### Data listing
-- ===== src/Sorting/Plugins/TieBreak/Keep.antt =====
-- src/sorting/plugins.rs: the round of the tie-breaks for a pair that keeps its present order.
use libloot.Prelude.{
  ℕ, ◌≡◌, refl, sym, ap, subst, inl, inr, ⊎_elim, true, List, [], ◌∷◌, ◌++◌, last?, arith,
  Bool-cases,
}
use libloot.External.Petgraph.{Petgraph}
use libloot.Sorting.Vertex.{EdgeType}
use libloot.Sorting.Graph.{Reach}
use libloot.Sorting.Plugins.Data.{SortingPlugin, PluginSortingData}
use libloot.Sorting.Plugins.Graph.{PluginsGraph, add_edge}
use libloot.Sorting.Plugins.Graph.Paths.{next_of}
use libloot.Sorting.Plugins.Graph.Growth.{Progress, add_edge-Progress, Reach-add_edge}
use libloot.Sorting.Plugins.TieBreak.{TieState, is_node, keep_order}
use libloot.Sorting.Plugins.TieBreak.Chain.{IsChain, IsChain-concat}
use libloot.Sorting.Plugins.TieBreak.Pin.{pin_node_position-Pinned}
use libloot.Sorting.Plugins.TieBreak.Push.{In, Ready, push_fresh-Pushed, push_fresh-Leads}
use libloot.Sorting.Plugins.TieBreak.Tied.{IsTied, Leads, Advance, Advance-trans, IsChain-Grows}

-- A list whose last item is `a`.
last-eq_some :
    (l : List ℕ) (a : ℕ) → is_node (last? l) a ≡ true → (ws : List ℕ) × (l ≡ ws ++ a ∷ [])
last-eq_some [] a h = cc
last-eq_some (x ∷ []) a h = ([], ground arith)
last-eq_some (x ∷ y ∷ ys) a h =
    let (ws, e) = last-eq_some (y ∷ ys) a h in (x ∷ ws, ap (λ (l : List ℕ). x ∷ l) e)

module _ {E T : Type 0} (trait : SortingPlugin E T) (P : Petgraph (PluginSortingData T)) where
  abbrev State : Type 0
  State = TieState trait P

  -- What a round comes to.
  pub record Stepped (s : State) (current next : ℕ) (s' : State) : Type 0 where
    pub tied : IsTied trait P s'
    pub advance : Advance trait P s s'
    pub done : s'.processed_nodes current ≡ true
    pub ready : Ready trait P s' next

  pub IsTied-grown :
      (s : State) (g : PluginsGraph trait P)
      → IsTied trait P s
      → Progress trait P s.graph g
      → IsTied trait P (record s { graph = g })
  IsTied-grown s g tied p = record {
    safe = p.safe;
    listed = tied.listed;
    processed = tied.processed;
    inside = λ x m. omega (arith, tied.inside x m, p.grows.count);
    chain = IsChain-Grows trait P p.grows s.new_load_order tied.chain;
  }

  -- No path leads from the second node to the first one, so the edge between them makes no cycle.
  pub keep_order-Stepped :
      (current next : ℕ) (s : State)
      → IsTied trait P s
      → In trait P s current
      → In trait P s next
      → Ready trait P s current
      → ¬ (Reach (next_of trait P s.graph) next current)
      → Stepped s current next (keep_order trait P current next s)
  unfolding keep_order
  keep_order-Stepped current next s tied hc hn ready no_walk =
      elim (Bool-cases (s.processed_nodes current)) [
        | inl old ↦ elim (Bool-cases (is_node (last? s.new_load_order) current)) [
          | inl last ↦
              let (ws, e) = last-eq_some s.new_load_order current last in
              rw (old, keep_order)
                (rw last (record {
                  tied = tied';
                  advance = advance';
                  done = old;
                  ready = inr (
                      subst (λ (l : List ℕ). IsChain (next_of trait P g) (l ++ next ∷ [])) (sym e)
                        (IsChain-concat (next_of trait P g) ws current next
                          (subst (IsChain (next_of trait P g)) e tied'.chain) edge));
                }))
          | inr earlier ↦
              let p =
                pin_node_position-Pinned trait P next 0 s' [] s.new_load_order tied'
                  (omega (arith, hn, progress.grows.count)) refl refl tt in
              rw (old, keep_order)
                (rw earlier (record {
                  tied = p.tied;
                  advance = Advance-trans trait P advance' p.advance;
                  done = p.advance.more current old;
                  ready = inl p.done;
                }))
        ]
        | inr fresh ↦
            let lead = λ (l : Leads trait P s current).
              IsChain-Grows trait P progress.grows (s.new_load_order ++ current ∷ []) l in
            let at_end : Leads trait P s' current = ⊎_elim (λ h. absurd (cc)) lead ready in
            let p =
              push_fresh-Pushed trait P current s' tied' (omega (arith, hc, progress.grows.count))
                at_end fresh in
            rw (fresh, keep_order)
              (record {
                tied = p.tied;
                advance = Advance-trans trait P advance' p.advance;
                done = p.done;
                ready = inr (push_fresh-Leads trait P current next s' at_end edge fresh);
              })
      ]
    where
      g : PluginsGraph trait P
      g = add_edge trait P current next EdgeType.tie_break s.graph

      s' : State
      s' = record s { graph = g }

      progress : Progress trait P s.graph g
      progress =
          add_edge-Progress trait P s.graph current next EdgeType.tie_break hc hn tied.safe no_walk

      tied' : IsTied trait P s'
      tied' = IsTied-grown s g tied progress

      advance' : Advance trait P s s'
      advance' = record { grows = progress.grows; more = λ x h. h }

      edge : Reach (next_of trait P g) current next
      edge = Reach-add_edge trait P s.graph current next EdgeType.tie_break hc hn tied.safe.sound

### Assignment
Find the word "record" in the entries, then copy out every line that has it.

### The answer
  pub record Stepped (s : State) (current next : ℕ) (s' : State) : Type 0 where
      → IsTied trait P (record s { graph = g })
  IsTied-grown s g tied p = record {
                (rw last (record {
                (rw earlier (record {
              (record {
      s' = record s { graph = g }
      advance' = record { grows = progress.grows; more = λ x h. h }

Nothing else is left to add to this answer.